■ WHAT THE TASK REQUIRES
From the data below, return each line in which the string "that" is found.

((

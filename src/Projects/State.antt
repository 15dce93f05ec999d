-- ===== src/Projects/State.antt =====
-- The state of the Project manager, `ProjectManager` of includes/core/project_manager.hpp, with the
-- storage that it owns, and what its operations do to that storage.
use tribios_vfs.Common.{
  ℕ, Bool, true, false, List, [], ◌∷◌, Bytes, bytes_eq, Option, none, some, if◌then◌else◌,
}
use tribios_vfs.Store.Types.{Int64, Database, reclaimed}
use tribios_vfs.Store.Sql.{Sqlite, Outcome}
use tribios_vfs.Store.Workspaces.{set_workspace_state}
use tribios_vfs.Store.Journal.{abandon_recovery_operation}
use tribios_vfs.Engine.Host.{Tree, Host}
use tribios_vfs.Projects.Git.{Repository}

-- `workspaces_dir / name`: its directory `upper`, and the staged entries in `recovery`.
pub record WorkspaceDir : Type 0 where
  pub name : Bytes
  pub upper : Option Tree
  pub stages : List (ℕ × Tree)

-- `engines` has the names with a Workspace engine, and `reclaimers` the reclamations that were
-- started and have not run yet. The other members survive the process.
pub record Manager (W : Type 0) : Type 0 where
  pub db : Database
  pub dirs : List WorkspaceDir
  pub git : W
  pub engines : List Bytes
  pub reclaimers : List (Bytes × ℕ)

pub record ProjectPaths : Type 0 where
  pub root : Bytes
  pub tribios_dir : Bytes
  pub base_dir : Bytes
  pub workspaces_dir : Bytes
  pub staging_dir : Bytes
  pub mount_point : Bytes

-- The names of the failpoints, at which `TRIBIOS_FAILPOINT` ends the process.
pub data Failpoint : Type 0 where
  create_after_journal create_after_state_commit create_after_storage : Failpoint
  create_after_git_register create_after_git_pointer create_after_active_commit : Failpoint
  create_before_reply remove_after_journal remove_after_removed_commit : Failpoint
  before_git_cleanup after_git_cleanup before_storage_cleanup after_storage_cleanup : Failpoint
  before_tombstone_cleanup after_tombstone_cleanup before_reclaimed_commit : Failpoint
  after_reclaimed_commit remove_before_reply : Failpoint

-- The steps that fail, by injected faults (the first six) or by the host.
pub data Fault : Type 0 where
  journal_write state_write storage_create git_pointer_write active_write removed_write : Fault
  make_upper sync_upper write_pointer remove_storage sync_workspaces list_workspaces : Fault
  remove_staging sync_staging : Fault

-- The moments at which a statement runs: SQLite may refuse it at one and not at another.
pub data Moment : Type 0 where
  loading journaling creating_commit active_commit removed_commit : Moment
  undo_state undo_journal clearing timing reclaiming settling : Moment

-- `integrity` is the answer of `validate_database_integrity`, which asks SQLite; `host` is what
-- recovery of an engine's operations meets.
pub record Machine (W : Type 0) : Type 0 where
  pub paths : ProjectPaths
  pub fault : Fault → ℕ
  pub strerror : ℕ → Bytes
  pub exits : Failpoint → Bool
  pub sql : Moment → Sqlite
  pub now : Int64
  pub elapsed : Int64
  pub git : Repository W
  pub host : Host
  pub integrity : Database → Outcome (Unit {0})
  pub has_base : Bool
  pub has_database : Bool
  pub populate : Bytes → Bytes → W → Outcome (Unit {0}) × W

-- What a caller sees: a reply, or the end of the process.
pub data Ran {ℓ} (A : Type ℓ) : Type ℓ where
  replied : Outcome A → Ran A
  exited : Ran A

unfoldable pub find_dir : Bytes → List WorkspaceDir → Option WorkspaceDir
unfolding bytes_eq
find_dir name [] = none
find_dir name (d ∷ ds) = if bytes_eq d.name name then some d else find_dir name ds

-- `remove_all(workspaces_dir / name)`.
unfoldable pub drop_dir : Bytes → List WorkspaceDir → List WorkspaceDir
unfolding bytes_eq
drop_dir name [] = []
drop_dir name (d ∷ ds) =
    let rest = drop_dir name ds in if bytes_eq d.name name then rest else d ∷ rest

-- The directory with its upper tree changed; it is made where it is missing.
unfoldable pub set_upper : Bytes → Option Tree → List WorkspaceDir → List WorkspaceDir
unfolding bytes_eq
set_upper name t [] = record { name = name; upper = t; stages = [] } ∷ []
set_upper name t (d ∷ ds) =
    let rest = set_upper name t ds in
    if bytes_eq d.name name then record d { upper = t } ∷ ds else d ∷ rest

unfoldable pub upper_of : Bytes → List WorkspaceDir → Option Tree
unfolding find_dir
upper_of name ds = elim (find_dir name ds) [ none ↦ none | some d ↦ d.upper ]

-- `engines_.contains(name)`.
unfoldable pub has_name : Bytes → List Bytes → Bool
unfolding bytes_eq
has_name name [] = false
has_name name (n ∷ ns) = if bytes_eq n name then true else has_name name ns

-- `engines_.erase(name)`.
unfoldable pub erase_name : Bytes → List Bytes → List Bytes
unfolding bytes_eq
erase_name name [] = []
erase_name name (n ∷ ns) =
    let rest = erase_name name ns in if bytes_eq n name then rest else n ∷ rest

-- `trigger_failpoint`, without the trace that it writes.
unfoldable pub trigger_failpoint {ℓ} :
    {W : Type 0} {A : Type ℓ}
    → Machine W
    → Failpoint
    → Manager W
    → Ran A × Manager W
    → Ran A × Manager W
trigger_failpoint m p s rest = if m.exits p then (exited, s) else rest

module _ {W : Type 0} (m : Machine W) where
  -- `abandon_recovery_operation`, its result not looked at.
  unfoldable pub abandon : ℕ → Manager W → Manager W
  unfolding abandon_recovery_operation
  abandon id s = record s { db = (abandon_recovery_operation (m.sql undo_journal) id s.db).1 }

  -- `set_workspace_state(name, Reclaimed)`, its result not looked at.
  unfoldable pub mark_reclaimed : Bytes → Manager W → Manager W
  unfolding set_workspace_state
  mark_reclaimed name s = record s {
    db = (set_workspace_state (m.sql undo_state) name reclaimed s.db).1;
  }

))

■ ANSWER TO THE EXERCISE
-- storage that it owns, and what its operations do to that storage.
-- `engines` has the names with a Workspace engine, and `reclaimers` the reclamations that were
-- The steps that fail, by injected faults (the first six) or by the host.
-- `trigger_failpoint`, without the trace that it writes.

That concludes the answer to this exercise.